Baby Saved by Stanford Children’s Health Doctors Is Now a Healthy Child

Nearly six years ago, Karina Barger and her husband, David Goldman, lived through every parent’s worst fear: Their 2-month-old baby, Bobby, was diagnosed with a brain cyst and needed emergency surgery. Fortunately, Bobby had access to the world-class physicians within Stanford Children’s Health, and their swift action saved his life and sight. The care network is celebrating its 10th anniversary in April.

It all started when Barger noticed that Bobby was suddenly looking only to the left. It didn’t seem like a big deal, but as a mother of four and a school principal, Barger felt in her gut that she needed to take her son to their pediatrician, Todd Dwelle, MD, of the Pediatric Group of Monterey. Having been the family’s pediatrician for many years, Dr. Dwelle took Barger’s concerns seriously and after the exam told the family to head directly to the emergency department at Lucile Packard Children’s Hospital Stanford.

“I’d been caring for Bobby since birth, so when his mother brought him in for some kind of discomfort, I knew she was worried,” he said. “Infants don’t have tremendous reserve and can’t communicate their needs, so I felt we needed to better understand the problem immediately in case time was critical.”

Thanks to the seamless network of care between the practice and the hospital, Dr. Dwelle was able to consult with a pediatric neurologist and alert the emergency department of Bobby’s arrival so that the family could be seen right away. At the hospital, Bobby was diagnosed with an arachnoid cyst in his brain that was putting pressure on his optic nerve. Although the tumor was benign, it posed a significant and immediate risk to Bobby’s health and required surgery to drain the cyst.

Despite being in a frightening and stressful situation, Bobby’s parents were comforted to know that he would get top-tier care with Stanford Children’s Health. “That first night in the hospital after Bobby was diagnosed with the brain tumor, I was on my phone googling the best neurosurgeons in the country,” Barger said. “I was super-relieved when Stanford was right there at the top for pediatric neurosurgery, and I could see the Stanford Children’s Health network listed as one of the best in the country.”

Bobby at hospital

In the midst of dealing with their son’s health crisis, the family received tremendous support from the staff, allowing them to focus on helping their child recover. “From top to bottom, they made it as stress free as it could possibly be. The fact that there were showers and beds where we could sleep … they had really thought of absolutely everything,” Barger said.

She remembers the kindness they were shown on every level, from the billing department staff who filled out all the paperwork for them to the Neonatal Intensive Care Unit nurses who brought her a breast pump so that she could pump while Bobby was in the hospital.

“Everything from the parking when you pull up to [the hospital] to the toys that they brought Bobby when he was in intensive care, to the patient care coordinator, to the billing department who filled out all the forms for me so all I had to do was sign, down to the artwork on the walls… It was all so comforting.”  

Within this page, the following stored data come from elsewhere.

-- ===== src/Revisions/Handling/Whole.antt =====
-- The cursor of the list of revisions after each message (Update of
-- internal/ui/revisions/revisions.go), and the states that messages lead to.
use jjui.Jj.Commands.Queries.{op_log_id}
use jjui.Jj.Selections.{Commit}
use jjui.Prelude.{
  ℕ, ◌≡◌, refl, sym, ap, ◌∙◌, String, Bool, true, false, not, ◌&&◌, ◌||◌, Option, none, some, List,
  [], ◌∷◌, ◌++◌, if◌then◌else◌, ltb, ◌==◌, str_eq, length,
}
use jjui.Prelude.Int.{ℤ, pos}
use jjui.Revisions.{selected_revision, set_cursor}
use jjui.Revisions.Answered.{is_inside, update-Answers}
use jjui.Revisions.Cursor.{is_placed, is_placed-set_cursor, is_placed-refresh}
use jjui.Revisions.Handling.{
  Message, lowered, Updated, done, updated_with, listing, notice, noticed, noticed_load, on_loaded,
  on_batch, warned, on_streaming, after_intent, searched, on_auto_refresh, on_refresh, on_input,
  handle, intent, selection_changed_msg, clicked, scrolled, close_view_msg, restore_operation_msg,
  start_ace_jump_msg, open_target_picker_msg, target_picker_cancel_msg, target_selected_msg,
  quick_search_msg, command_completed_msg, auto_refresh_msg, failed_msg, refresh_msg, loaded_msg,
  streaming_msg, batch_msg, key_msg, mouse_msg, other_msg,
}
use jjui.Revisions.Handling.Sent.{
  IsPlaced, active-IsPlaced, update_base-IsPlaced, update_operations-IsPlaced, changed-IsPlaced,
  search_first,
}
use jjui.Revisions.Intents.{
  Intent, Effect, Handled, search, commands, handle_intent, start_ace_jump, load_rows,
  highlight_changes, update_success, update_failed, streaming_warning, refresh_keeping,
}
use jjui.Revisions.Layers.{
  ImmediateModel, RevisionsView, push_layer, pop_layer, reset_operations, is_editing, is_overlay,
  is_focused, close_view, restore_operation,
}
use jjui.Revisions.Loading.{refresh, wants_more}
use jjui.Revisions.Messages.{
  Msg, item_clicked, update_revisions_msg, append_rows_batch_msg, streaming_ready_msg,
  viewport_scroll, update_revisions_failed, update,
}
use jjui.Revisions.Sending.{
  operation_selection_changed, open_layer, Models, update_active, update_base, update_operations,
}
use jjui.Revisions.Handling.Jump.{can_jump}
use jjui.Revisions.Handling.Own.{Handles, Updates, listed-Updates, handle_intent-Handles}
use jjui.Revisions.Reachable.{OnRow, row_of_placed}
use jjui.Revisions.{new_model}

module _ (run : List String → String × Bool) (texts_of : Commit → List String) {F : Type 0}
    (models : Models Message Intent F) where
  searched-Updates :
      (r : Option ℤ) (v : RevisionsView)
      → (i : ℤ) × (r ≡ some i)
      → IsPlaced v
      → Updates (searched run texts_of models r v)
  unfolding reset_operations
  searched-Updates r v (i, e) h = (
    reset_operations (record v { list = set_cursor i v.list }),
    [],
    rw e refl,
    is_placed-set_cursor i v.list h,
  )

  notice-Updates :
      (previous : Option Commit) (shown : Bool) (v : RevisionsView)
      → IsPlaced v
      → Updates (notice run texts_of models previous shown v)
  notice-Updates previous shown v h =
      let w = operation_selection_changed models previous v in
      (
        w.0,
        highlight_changes ∷ (if shown then update_success ∷ [] else []) ++ commands w.1,
        refl,
        changed-IsPlaced models previous (selected_revision v.list) v refl h,
      )

  noticed-Updates :
      (previous : Option Commit) (r : Updated F)
      → Updates r
      → Updates (noticed run texts_of models previous r)
  noticed-Updates previous r (t, effects, e, h) =
      rw e (notice-Updates previous (ltb 0 (length t.list.off_screen_rows)) t h)

  noticed_load-Updates :
      (previous : Option Commit) (r : Updated F)
      → Updates r
      → Updates (noticed_load run texts_of models previous r)
  noticed_load-Updates previous r (t, effects, e, h) = rw e (notice-Updates previous true t h)

  listing-Updates :
      (msg : Msg) (v : RevisionsView)
      → is_inside msg v.list ≡ true
      → IsPlaced v
      → Updates (listing run texts_of models msg v)
  listing-Updates msg v i h =
      listed-Updates (update run msg v.list) v (update-Answers run msg v.list i h)

  either-Updates :
      (b : Bool) (r s : Updated F) → Updates r → Updates s → Updates (if b then r else s)
  either-Updates true r s h k = h
  either-Updates false r s h k = k

  warned-Updates :
      (failed : Bool) (r : Updated F) → Updates r → Updates (warned run texts_of models failed r)
  warned-Updates failed r (t, effects, e, h) =
      (t, effects ++ (if failed then streaming_warning ∷ [] else []), rw e refl, h)

  refused-Updates :
      (r : Updated F)
      → Updates r
      → Updates (elim r as (λ x. Updated F) [
        | none ↦ none
        | some (w, effects) ↦ some (w, update_failed ∷ [])
      ])
  refused-Updates r (t, effects, e, h) = (t, update_failed ∷ [], rw e refl, h)

  intent-Updates :
      (msg : Message) (r : Handled F) → Handles r → Updates (after_intent run texts_of models msg r)
  intent-Updates msg r (t, effects, true, e, h) = (t, effects, rw e refl, h)
  intent-Updates msg r (t, effects, false, e, h) = (
    (update_active models msg t).0,
    commands ((update_active models msg t).1 ∷ []),
    rw e refl,
    active-IsPlaced models msg t.layers t refl h,
  )

  active-Updates :
      (msg : Message) (v : RevisionsView)
      → IsPlaced v
      → Updates (updated_with (update_active models msg v))
  active-Updates msg v h = (
    (update_active models msg v).0,
    commands ((update_active models msg v).1 ∷ []),
    refl,
    active-IsPlaced models msg v.layers v refl h,
  )

  done-Updates : (v : RevisionsView) → IsPlaced v → Updates (done {F = F} v)
  done-Updates v h = (v, [], refl, h)

  input-Updates :
      (msg : Message) (is_key : Bool) (v : RevisionsView)
      → IsPlaced v
      → Updates (on_input run texts_of models msg is_key v)
  unfolding on_input
  input-Updates msg is_key v h =
      let goes = active-Updates msg v h in
      let rest = updated_with (update_active models msg v) in
      let stays = if is_editing v || is_overlay v || is_key && is_focused v then rest else done v in
      either-Updates (length v.list.rows == 0) (done v) stays (done-Updates v h) (
        either-Updates (is_editing v || is_overlay v || is_key && is_focused v) rest (done v) goes
          (done-Updates v h))

  pop-IsPlaced :
      (layers : List ImmediateModel) (v : RevisionsView)
      → v.layers ≡ layers
      → IsPlaced v
      → IsPlaced (pop_layer v)
  unfolding pop_layer
  pop-IsPlaced [] v e h = rw (pop_layer, e) h
  pop-IsPlaced (layer ∷ below) v e h = rw (pop_layer, e) h

  close-IsPlaced :
      (layers : List ImmediateModel) (v : RevisionsView)
      → v.layers ≡ layers
      → IsPlaced v
      → IsPlaced (close_view v)
  unfolding close_view reset_operations
  close-IsPlaced [] v e h = rw (close_view, e) h
  close-IsPlaced (layer ∷ below) v e h = rw (close_view, e) (pop-IsPlaced (layer ∷ below) v e h)

  restore-IsPlaced :
      (op : Option ImmediateModel) (v : RevisionsView)
      → IsPlaced v
      → IsPlaced (restore_operation op v)
  unfolding restore_operation reset_operations
  restore-IsPlaced none v h = h
  restore-IsPlaced (some op) v h = h

  pushed-Updates :
      (r : Handled F)
      → Handles r
      → Updates (elim r as (λ x. Updated F) [
        | none ↦ none
        | some (pushed, effects, _) ↦ some (pushed, effects)
      ])
  pushed-Updates r (t, effects, handled, e, h) = (t, effects, rw e refl, h)

  loaded-Updates :
      (rows : List Commit) (tag : ℕ) (v : RevisionsView)
      → IsPlaced v
      → Updates (on_loaded run texts_of models rows tag v)
  unfolding on_loaded
  loaded-Updates rows tag v h =
      let next = listing run texts_of models (update_revisions_msg rows tag) v in
      let goes = listing-Updates (update_revisions_msg rows tag) v refl h in
      either-Updates (not (tag == v.list.tag)) next
        (noticed_load run texts_of models (selected_revision v.list) next) goes
        (noticed_load-Updates (selected_revision v.list) next goes)

  batch-Updates :
      (last : ℤ) (rows : List Commit) (more : Bool) (tag : ℕ) (v : RevisionsView)
      → IsPlaced v
      → Updates (on_batch run texts_of models last rows more tag v)
  unfolding on_batch
  batch-Updates last rows more tag v h =
      let next = listing run texts_of models (append_rows_batch_msg last rows more tag) v in
      let goes = listing-Updates (append_rows_batch_msg last rows more tag) v refl h in
      either-Updates
        (not (tag == v.list.tag)
          || wants_more last more (length (v.list.off_screen_rows ++ rows)) v.list.cursor)
        next (noticed run texts_of models (selected_revision v.list) next) goes
        (noticed-Updates (selected_revision v.list) next goes)

  streaming-Updates :
      (s : String) (a b : Bool) (tag : ℕ) (v : RevisionsView)
      → IsPlaced v
      → Updates (on_streaming run texts_of models s a b tag v)
  unfolding on_streaming
  streaming-Updates s a b tag v h =
      let next = listing run texts_of models (streaming_ready_msg s a b tag) v in
      let goes = listing-Updates (streaming_ready_msg s a b tag) v refl h in
      let refused : Updated F = elim next [
        | none ↦ none
        | some (w, effects) ↦ some (w, update_failed ∷ [])
      ] in
      let warns = warned run texts_of models b next in
      either-Updates (not (tag == v.list.tag)) next (if b && not a then refused else warns) goes (
        either-Updates (b && not a) refused warns (refused-Updates next goes)
          (warned-Updates b next goes))

  refresh-Updates :
      (s : String) (k : Bool) (v : RevisionsView)
      → IsPlaced v
      → Updates (on_refresh run texts_of models s k v)
  unfolding on_refresh
  refresh-Updates s k v h =
      let w = record v { list = refresh s k v.list } in
      let r = update_active models (refresh_msg s k) w in
      (
        r.0,
        load_rows (refresh s k v.list).tag ∷ commands (r.1 ∷ []),
        refl,
        active-IsPlaced models (refresh_msg s k) w.layers w refl (is_placed-refresh s k v.list h),
      )

  auto-Updates : (v : RevisionsView) → IsPlaced v → Updates (on_auto_refresh run texts_of models v)
  unfolding on_auto_refresh
  auto-Updates v h =
      let id = (run (op_log_id true)).0 in
      let other : Updated F = some (record v { previous_op_log_id = id }, refresh_keeping ∷ []) in
      either-Updates (str_eq id v.previous_op_log_id)
        (updated_with (update_active models auto_refresh_msg v)) other
        (active-Updates auto_refresh_msg v h)
        (record v { previous_op_log_id = id }, refresh_keeping ∷ [], refl, h)

  -- A click with Ctrl, where it is not ignored, is on a row; and the window that a jump starts with
  -- is one of rows of the list, with their identifiers.
  abbrev pub is_in_rows : Message → RevisionsView → Bool
  is_in_rows (clicked index ctrl alt) v =
      is_inside (item_clicked index ctrl alt (is_editing v || is_overlay v)) v.list
  is_in_rows (intent i) v = can_jump i v
  is_in_rows (start_ace_jump_msg w) v = can_jump (start_ace_jump w) v
  is_in_rows msg v = true

  pub handle-Updates :
      (msg : Message) (v : RevisionsView)
      → is_in_rows msg v ≡ true
      → IsPlaced v
      → Updates (handle run texts_of models msg v)
  unfolding handle open_layer push_layer
  handle-Updates (intent i) v c h =
      intent-Updates (intent i) (handle_intent run texts_of models i v)
        (handle_intent-Handles run texts_of models i v c h)
  handle-Updates (selection_changed_msg x) v c h =
      let w = update_operations models (selection_changed_msg x) v in
      (w.0, commands w.1, refl, update_operations-IsPlaced models (selection_changed_msg x) v h)
  handle-Updates (clicked index ctrl alt) v c h =
      listing-Updates (item_clicked index ctrl alt (is_editing v || is_overlay v)) v c h
  handle-Updates (scrolled d l horizontal) v c h =
      listing-Updates (viewport_scroll d l horizontal) v refl h
  handle-Updates close_view_msg v c h =
      done-Updates (close_view v) (close-IsPlaced v.layers v refl h)
  handle-Updates (restore_operation_msg op) v c h =
      done-Updates (restore_operation op v) (restore-IsPlaced op v h)
  handle-Updates (start_ace_jump_msg w) v c h =
      pushed-Updates (handle_intent run texts_of models (start_ace_jump w) v)
        (handle_intent-Handles run texts_of models (start_ace_jump w) v c h)
  handle-Updates open_target_picker_msg v c h =
      let w = open_layer models models.target_picker v in (w.0, commands w.1, refl, h)
  handle-Updates (target_selected_msg target) v c h =
      let w = update_base models (target_selected_msg target) (pop_layer v) in
      (
        w.0,
        commands (w.1 ∷ []),
        refl,
        update_base-IsPlaced models (target_selected_msg target) (pop_layer v)
            (pop-IsPlaced v.layers v refl h),
      )
  handle-Updates target_picker_cancel_msg v c h =
      done-Updates (pop_layer v) (pop-IsPlaced v.layers v refl h)
  handle-Updates (quick_search_msg text) v c h =
      let w = record v { quick_search = lowered text } in
      searched-Updates (search texts_of (pos 0) false w) w (search_first texts_of w) h
  handle-Updates (command_completed_msg output failed) v c h =
      done-Updates (record v { output = output; failed = failed }) h
  handle-Updates auto_refresh_msg v c h = auto-Updates v h
  handle-Updates failed_msg v c h = listing-Updates update_revisions_failed v refl h
  handle-Updates (refresh_msg s k) v c h = refresh-Updates s k v h
  handle-Updates (loaded_msg rows tag) v c h = loaded-Updates rows tag v h
  handle-Updates (streaming_msg s a b tag) v c h = streaming-Updates s a b tag v h
  handle-Updates (batch_msg l rows more tag) v c h = batch-Updates l rows more tag v h
  handle-Updates key_msg v c h = input-Updates key_msg true v h
  handle-Updates mouse_msg v c h = input-Updates mouse_msg false v h
  handle-Updates other_msg v c h = active-Updates other_msg v h

module _ (run : List String → String × Bool) (texts_of : Commit → List String) {F : Type 0}
    (models : Models Message Intent F) where
  -- The states from one on, with whatever the operations do.
  pub data Reaches (from : RevisionsView) : RevisionsView → Type 0 where
    begin : Reaches from from
    on :
        {v w : RevisionsView} (msg : Message) (effects : List (Effect F))
        → Reaches from v
        → is_in_rows run texts_of models msg v ≡ true
        → handle run texts_of models msg v ≡ some (w, effects)
        → Reaches from w

  abbrev is_placed_after : Updated F → Bool
  is_placed_after none = false
  is_placed_after (some r) = is_placed r.0.list

  Reaches-IsPlaced : (from v : RevisionsView) → IsPlaced from → Reaches from v → IsPlaced v
  Reaches-IsPlaced from v h begin = h
  Reaches-IsPlaced from v h (on {v = u} msg effects r c e) =
      let (t, fx, f, p) =
        handle-Updates run texts_of models msg u c (Reaches-IsPlaced from u h r) in
      ap is_placed_after (sym e ∙ f) ∙ p

  -- In each state that messages lead to from an empty list, whatever the operation and the layers do
  -- with what they are handed, a message is answered without a panic, unless it is a click with Ctrl
  -- past the last row that is not ignored, or the start of a jump over a window that is past the last
  -- row or in a list where a row lacks an identifier; and then there are no rows or the cursor is on
  -- one of them.
  pub handle-OnRow :
      (from v : RevisionsView) (msg : Message)
      → from.list ≡ new_model
      → Reaches from v
      → is_in_rows run texts_of models msg v ≡ true
      → (t : RevisionsView) × (effects : List (Effect F)) × (handle run texts_of models msg v
          ≡ some (t, effects))
        × Reaches from t
        × OnRow t.list
  handle-OnRow from v msg e r c =
      let (t, effects, f, h) =
        handle-Updates run texts_of models msg v c (Reaches-IsPlaced from v (rw e refl) r) in
      (t, effects, f, on msg effects r c f, row_of_placed t.list h)
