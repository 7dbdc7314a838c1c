-- ===== src/Revisions/Layers/Editing.antt =====
-- What the scopes of the list of revisions let through to the program (Scopes of
-- internal/ui/revisions/revisions.go, VisibleScopes of internal/ui/common/scope.go), and how the
-- operations come to an end.
use mathlib.Core.Bool.{false≢true}
use mathlib.Core.List.{append_assoc}
use jjui.Prelude.{
  ltb, ℕ, zero, suc, ◌≡◌, refl, sym, ap, ◌∙◌, inl, inr, String, Bool, true, false, not, ◌||◌, List,
  [], ◌∷◌, ◌++◌, if◌then◌else◌, length, Bool-cases, All, All-append,
}
use jjui.Prelude.Texts.{is_empty}
use jjui.Revisions.{clear_checked_revisions}
use jjui.Revisions.Layers.{
  ImmediateModel, RevisionsView, is_editing, in_normal_mode, inner_scopes, own_scope,
  quick_search_scopes, scopes, cancel, close_view, reset_operations, pop_layer, base_operation,
}
use jjui.Scopes.{LeakPolicy, leak_all, leak_none, leak_global, Scope, visible_scopes, visible_after}

-- It does not let the global scopes alone through.
abbrev pub is_plain : Scope → Bool
is_plain s = elim s.leak [ leak_all ↦ true | leak_global ↦ false | leak_none ↦ true ]

abbrev pub AllPlain : List Scope → Type 0
AllPlain = All (λ s. is_plain s ≡ true)

after_closed :
    (l : LeakPolicy) (rest rest' further further' : List Scope)
    → (elim l as (λ x. Bool) [ leak_all ↦ true | leak_global ↦ false | leak_none ↦ true ]) ≡ true
    → further ≡ further'
    → visible_after l rest further ≡ visible_after l rest' further'
unfolding visible_after
after_closed leak_all rest rest' f f' h e = e
after_closed leak_global rest rest' f f' h e = absurd (false≢true h)
after_closed leak_none rest rest' f f' h e = refl

visible_closed :
    (front outer : List Scope) (last : Scope)
    → last.leak ≡ leak_none
    → AllPlain front
    → visible_scopes (front ++ last ∷ outer) ≡ visible_scopes (front ++ last ∷ [])
unfolding visible_scopes visible_after
visible_closed [] outer last e h = rw (visible_scopes, e) refl
visible_closed (s ∷ front) outer last e (p, h) =
    ap (λ xs. s ∷ xs)
      (after_closed s.leak (front ++ last ∷ outer) (front ++ last ∷ [])
        (visible_scopes (front ++ last ∷ outer)) (visible_scopes (front ++ last ∷ [])) p
        (visible_closed front outer last e h))

abbrev own_leak : Bool → LeakPolicy
own_leak editing = if editing then leak_none else leak_all

own_none : (v : RevisionsView) → is_editing v ≡ true → own_leak (is_editing v) ≡ leak_none
own_none v e = rw e refl

own_plain :
    (v : RevisionsView) (name : String) → is_editing v ≡ true → is_plain (own_scope name v) ≡ true
own_plain v name e = rw e refl

search_plain : (v : RevisionsView) → is_editing v ≡ true → AllPlain (quick_search_scopes v)
search_plain v e = elim (Bool-cases (is_empty v.quick_search)) [
  | inl q ↦ rw q tt
  | inr q ↦ rw q (own_plain v "revisions.quick_search" e, tt)
]

-- While an operation of the list or a layer is editing, no scope outside of the list is visible,
-- if no scope of the operation and the layers lets the global ones through.
pub visible_scopes-scopes :
    (v : RevisionsView) (outer : List Scope)
    → is_editing v ≡ true
    → AllPlain (inner_scopes v)
    → visible_scopes (scopes v ++ outer) ≡ visible_scopes (scopes v)
unfolding scopes
visible_scopes-scopes v outer e h =
    let own = own_scope (if in_normal_mode v then "revisions" else "") v in
    let front = inner_scopes v ++ quick_search_scopes v in
    ap visible_scopes (append_assoc front (own ∷ []) outer)
    ∙ visible_closed front outer own (own_none v e) (
        All-append (λ s. is_plain s ≡ true) (inner_scopes v) (quick_search_scopes v) h
          (search_plain v e))

-- Closing as often as there are layers, and once more.
abbrev pub close_times : ℕ → RevisionsView → RevisionsView
close_times zero v = v
close_times (suc n) v = close_times n (close_view v)

-- Closing the view once for each layer and once more comes to the normal mode.
pub close_times-in_normal_mode :
    (v : RevisionsView) (layers : List ImmediateModel)
    → in_normal_mode (close_times (suc (length layers)) (record v { layers = layers })) ≡ true
unfolding close_view reset_operations pop_layer in_normal_mode base_operation
close_times-in_normal_mode v [] = refl
close_times-in_normal_mode v (layer ∷ below) = close_times-in_normal_mode v below

cancel_refused :
    (v : RevisionsView)
    → ltb 0 (length v.list.checked_revisions) || not (in_normal_mode v) ≡ false
    → cancel v ≡ (v, false)
unfolding cancel
cancel_refused v e = rw (cancel, e) refl

-- After a cancellation a second one changes nothing and goes on to the program.
pub cancel_twice : (v : RevisionsView) → cancel (cancel v).0 ≡ ((cancel v).0, false)
unfolding cancel reset_operations in_normal_mode base_operation clear_checked_revisions
cancel_twice v =
    elim (Bool-cases (ltb 0 (length v.list.checked_revisions) || not (in_normal_mode v))) [
      | inl e ↦ rw (cancel, e) refl
      | inr e ↦
          let same = cancel_refused v e in
          ap (λ r. cancel r.0) same ∙ same ∙ sym (ap (λ r. (r.0, false)) same)
    ]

The family also credits the network with helping lift the burden of Bobby’s postoperative medical needs over the years. The technological benefits of MyChart and telehealth visits made it easier to communicate and coordinate with all of Bobby’s doctors. “The follow-up and the communication with all the different departments was so intense in the years after [Bobby’s surgery],” Barger recalled.

“I’m a very busy multitasking mom of four and principal of 500 kids, so the Stanford Children’s Health network made all the difference in my ability to continue in all of my different roles. Without that level of follow-up, it would have all fallen on me to research all the doctors and to communicate and try to coordinate services across so many different platforms. So much can be lost in translation, but that just never, ever, ever happened. During that whole process, everybody was perfectly in sync … it was really incredible.”

Bobby smiling

Thankfully, Bobby’s surgery was a success, and he made a full recovery. He is now a happy and healthy 6-year-old who only needs to go back to the hospital for an MRI every two years.

“The MRIs have all been clear; he’s doing really well. He’s in kindergarten and totally healthy,” Barger said. “There’ve been no side effects at all from the brain surgery. He’s doing great in school. … Other than the little baseball scar on his head, there’s no signs of anything.”

Barger and Goldman still go to the Pediatric Group of Monterey because of the excellent care they receive every time their kids need medical care. “One recent Thanksgiving, my now-14-year-old, Mateo, got a cellulitis infection on his face, and his face really swelled up. We went to the local hospital, and Dr. Dwelle happened to be the pediatrician on call that day,” Barger said. “[Dr. Dwelle] stayed with us all through Thanksgiving in the hospital to make sure that [Matteo] was OK, and he kept following up afterward with phone calls. He’s really been an incredible asset to our family.”

According to Dr. Dwelle, the Stanford Children’s Health network gives families who live farther out from major metropolitan areas access to premium medical care. “The network takes away the barriers between specialty care and primary care in more rural communities like ours,” he explained. “It allows rapid, efficient communication both for diagnosing as well as providing coordinated ongoing care once the plan has been created.”